What is expected: Pull each line with the string "lists" from the entries.

Stored data:
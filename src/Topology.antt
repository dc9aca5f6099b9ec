-- ===== src/Topology.antt =====
-- The CPU topology (topology.c, topology.h): clusters of cores of CPUs in lists ordered by number.
-- A pointer of a CPU into the arrays of `struct cpuidle_datas` is an index; a CPU object that a
-- cluster enumerates is named by the numbers of its core and of itself. The asserts of
-- `add_topo_info` on negative numbers are faults.
use idlestat.Base.{
  ℕ, zero, suc, ◌+◌, ◌-◌, ◌≡◌, Bool, true, false, Option, none, some, List, [], ◌∷◌, ◌++◌,
  if◌then◌else◌, map?, get_elem?, set, length, ◌&&◌, ◌||◌, ◌>>=◌, ltb, leb, ◌==◌, replicate,
}
use idlestat.Base.Int.{ℤ, pos, negsuc}
use idlestat.Base.Double.{Double}
use idlestat.Pstates.{CpufreqPstates, empty_pstates}
use idlestat.Cstates.{CpuidleCstates}
pub mod Ids
pub mod Build
pub mod Members
pub mod Online
pub mod Order
pub mod Lookup
pub mod Groups
pub mod Least
pub mod Shape
pub mod Baseline
pub mod Dump
pub mod Read
pub mod Setup
pub mod Mapped

pub record CpuCpu : Type 0 where
  pub cpu_id : ℕ
  pub cstates : Option ℕ
  pub pstates : Option ℕ
  pub base_cstates : Option ℕ
  pub base_pstates : Option ℕ

pub record CpuCore (D : Type 0) : Type 0 where
  pub core_id : ℕ
  pub cpus : List CpuCpu
  pub cpu_num : ℕ
  pub is_ht : Bool
  pub cstates : Option (CpuidleCstates D)
  pub pstates : CpufreqPstates D
  pub base_cstates : Option (CpuidleCstates D)
  pub base_pstates : Option (CpufreqPstates D)

-- `cpu_enum` lists the CPU objects by core number and CPU number, in the order of their addition.
pub record CpuPhysical (D : Type 0) : Type 0 where
  pub physical_id : ℕ
  pub cores : List (CpuCore D)
  pub core_num : ℕ
  pub cpu_enum : List (ℕ × ℕ)
  pub cstates : Option (CpuidleCstates D)
  pub pstates : CpufreqPstates D
  pub base_cstates : Option (CpuidleCstates D)
  pub base_pstates : Option (CpufreqPstates D)

-- `online_cpus` with its length `online_array_size`.
pub record CpuTopology (D : Type 0) : Type 0 where
  pub physicals : List (CpuPhysical D)
  pub online_cpus : List Bool

pub record TopologyInfo : Type 0 where
  pub physical_id : ℤ
  pub core_id : ℤ
  pub cpu_id : ℤ

module _ {D : Type 0} ⦃d : Double D⦄ where
  unfoldable pub new_physical : ℕ → CpuPhysical D
  unfolding empty_pstates
  new_physical id = record {
    physical_id = id;
    cores = [];
    core_num = 0;
    cpu_enum = [];
    cstates = none;
    pstates = empty_pstates;
    base_cstates = none;
    base_pstates = none;
  }

  unfoldable pub new_core : ℕ → CpuCore D
  unfolding empty_pstates
  new_core id = record {
    core_id = id;
    cpus = [];
    cpu_num = 0;
    is_ht = false;
    cstates = none;
    pstates = empty_pstates;
    base_cstates = none;
    base_pstates = none;
  }

unfoldable pub new_cpu : ℕ → CpuCpu
new_cpu id = record {
  cpu_id = id;
  cstates = none;
  pstates = none;
  base_cstates = none;
  base_pstates = none;
}
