-- ===== src/Topology/Ids.antt =====
-- The ordered lists of the topology (topology.c): the searches `check_exist_from_head` and
-- `check_pos_from_head` with the insertion that follows them, on a list of numbered objects.
use idlestat.Base.{
  ℕ, suc, ◌≡◌, refl, Bool, true, false, Option, none, some, List, [], ◌∷◌, if◌then◌else◌, ◌||◌, ltb,
  ◌==◌, ◌≤◌, arith, length, All, inl, inr, Bool-cases, map?,
}

module _ {A : Type 0} (id : A → ℕ) where
  unfoldable pub check_exist_from_head : List A → ℕ → Bool
  check_exist_from_head [] i = false
  check_exist_from_head (x ∷ xs) i = i == id x || check_exist_from_head xs i

  -- `list_add_tail` before the first object of a greater number, or at the end.
  unfoldable pub insert_before_greater : A → List A → List A
  insert_before_greater a [] = a ∷ []
  insert_before_greater a (x ∷ xs) =
      if ltb (id a) (id x) then a ∷ x ∷ xs else x ∷ insert_before_greater a xs

  -- The object of the number, which is added where it is missing.
  unfoldable pub ensure : A → List A → List A
  ensure a xs = if check_exist_from_head xs (id a) then xs else insert_before_greater a xs

  -- A change to the object that `check_exist_from_head` finds.
  unfoldable pub update_found : ℕ → (A → A) → List A → List A
  update_found i f [] = []
  update_found i f (x ∷ xs) = if i == id x then f x ∷ xs else x ∷ update_found i f xs

  unfoldable pub find_id : ℕ → List A → Option A
  find_id i [] = none
  find_id i (x ∷ xs) = if i == id x then some x else find_id i xs

  -- The numbers increase strictly, from `lo`.
  abbrev pub Ascends : ℕ → List A → Type 0
  Ascends lo [] = Unit
  Ascends lo (x ∷ xs) = (lo ≤ id x) × Ascends (suc (id x)) xs

  pub find_id-number : (i : ℕ) (xs : List A) (x : A) → find_id i xs ≡ some x → id x ≡ i
  unfolding find_id
  find_id-number i [] x e = absurd (ground arith)
  find_id-number i (y ∷ ys) x e = ground (arith, find_id-number i ys x)

  pub find_id-insert_before_greater :
      (i : ℕ) (a : A) (xs : List A)
      → check_exist_from_head xs (id a) ≡ false
      → find_id i (insert_before_greater a xs) ≡ (if i == id a then some a else find_id i xs)
  unfolding find_id insert_before_greater check_exist_from_head
  find_id-insert_before_greater i a [] h = refl
  find_id-insert_before_greater i a (x ∷ xs) h =
      ground (arith, find_id-insert_before_greater i a xs)

  pub find_id-update_found :
      (i j : ℕ) (f : A → A) (xs : List A)
      → ((x : A) → id (f x) ≡ id x)
      → find_id i (update_found j f xs) ≡ (if i == j then map? f (find_id j xs) else find_id i xs)
  unfolding find_id update_found
  find_id-update_found i j f [] h = ground arith
  find_id-update_found i j f (x ∷ xs) h = ground (arith, h x, find_id-update_found i j f xs h)

  pub check_exist-find_id :
      (i : ℕ) (xs : List A)
      → check_exist_from_head xs i ≡ (elim (find_id i xs) [ none ↦ false | some _ ↦ true ])
  unfolding find_id check_exist_from_head
  check_exist-find_id i [] = refl
  check_exist-find_id i (x ∷ xs) = ground (arith, check_exist-find_id i xs)

  pub insert_before_greater-Ascends :
      (a : A) (lo : ℕ) (xs : List A)
      → lo ≤ id a
      → check_exist_from_head xs (id a) ≡ false
      → Ascends lo xs
      → Ascends lo (insert_before_greater a xs)
  unfolding insert_before_greater check_exist_from_head
  insert_before_greater-Ascends a lo [] l h s = (l, tt)
  insert_before_greater-Ascends a lo (x ∷ xs) l h s =
      ground (arith, insert_before_greater-Ascends a (suc (id x)) xs)

  pub ensure-Ascends : (a : A) (xs : List A) → Ascends 0 xs → Ascends 0 (ensure a xs)
  unfolding ensure
  ensure-Ascends a xs s = elim (Bool-cases (check_exist_from_head xs (id a))) [
    | inl e ↦ rw e s
    | inr e ↦ rw e (insert_before_greater-Ascends a 0 xs (omega arith) e s)
  ]

  pub update_found-Ascends :
      (i : ℕ) (f : A → A) (lo : ℕ) (xs : List A)
      → ((x : A) → id (f x) ≡ id x)
      → Ascends lo xs
      → Ascends lo (update_found i f xs)
  unfolding update_found
  update_found-Ascends i f lo [] h s = tt
  update_found-Ascends i f lo (x ∷ xs) h s =
      ground (arith, h x, update_found-Ascends i f (suc (id x)) xs h)

  pub length-insert_before_greater :
      (a : A) (xs : List A) → length (insert_before_greater a xs) ≡ suc (length xs)
  unfolding insert_before_greater
  length-insert_before_greater a [] = refl
  length-insert_before_greater a (x ∷ xs) = ground (arith, length-insert_before_greater a xs)

  pub length-update_found :
      (i : ℕ) (f : A → A) (xs : List A) → length (update_found i f xs) ≡ length xs
  unfolding update_found
  length-update_found i f [] = refl
  length-update_found i f (x ∷ xs) = ground (arith, length-update_found i f xs)

  -- The object of a number once it has been added where missing and then changed.
  pub find_id-update_ensure :
      (i j : ℕ) (f : A → A) (a : A) (xs : List A)
      → id a ≡ j
      → ((x : A) → id (f x) ≡ id x)
      → find_id i (update_found j f (ensure a xs)) ≡ (
          if i == j then some (f (elim (find_id j xs) [ none ↦ a | some x ↦ x ])) else find_id i xs)
  unfolding ensure
  find_id-update_ensure i j f a xs e h = elim (Bool-cases (check_exist_from_head xs (id a))) [
    | inl k ↦ rw k (ground (arith, find_id-update_found i j f xs h, check_exist-find_id j xs))
    | inr k ↦ rw k (
        ground (
          arith,
          find_id-update_found i j f (insert_before_greater a xs) h,
          find_id-insert_before_greater i a xs,
          find_id-insert_before_greater j a xs,
          check_exist-find_id j xs,
        ))
  ]

  -- What holds of every object.
  pub insert_before_greater-All :
      (P : A → Type 0) (a : A) (xs : List A) → P a → All P xs → All P (insert_before_greater a xs)
  unfolding insert_before_greater
  insert_before_greater-All P a [] p h = (p, tt)
  insert_before_greater-All P a (x ∷ xs) p h = ground (arith, insert_before_greater-All P a xs p)

  pub update_found-All :
      (P : A → Type 0) (i : ℕ) (f : A → A) (xs : List A)
      → ((x : A) → P x → P (f x))
      → All P xs
      → All P (update_found i f xs)
  unfolding update_found
  update_found-All P i f [] k h = tt
  update_found-All P i f (x ∷ xs) k h = elim (Bool-cases (i == id x)) [
    | inl e ↦ rw e (k x h.0, h.1)
    | inr e ↦ rw e (h.0, update_found-All P i f xs k h.1)
  ]

  pub ensure-All : (P : A → Type 0) (a : A) (xs : List A) → P a → All P xs → All P (ensure a xs)
  unfolding ensure
  ensure-All P a xs p h = ground (arith, insert_before_greater-All P a xs p)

Written answer:
-- The CPU topology (topology.c, topology.h): clusters of cores of CPUs in lists ordered by number.
-- `cpu_enum` lists the CPU objects by core number and CPU number, in the order of their addition.
-- The ordered lists of the topology (topology.c): the searches `check_exist_from_head` and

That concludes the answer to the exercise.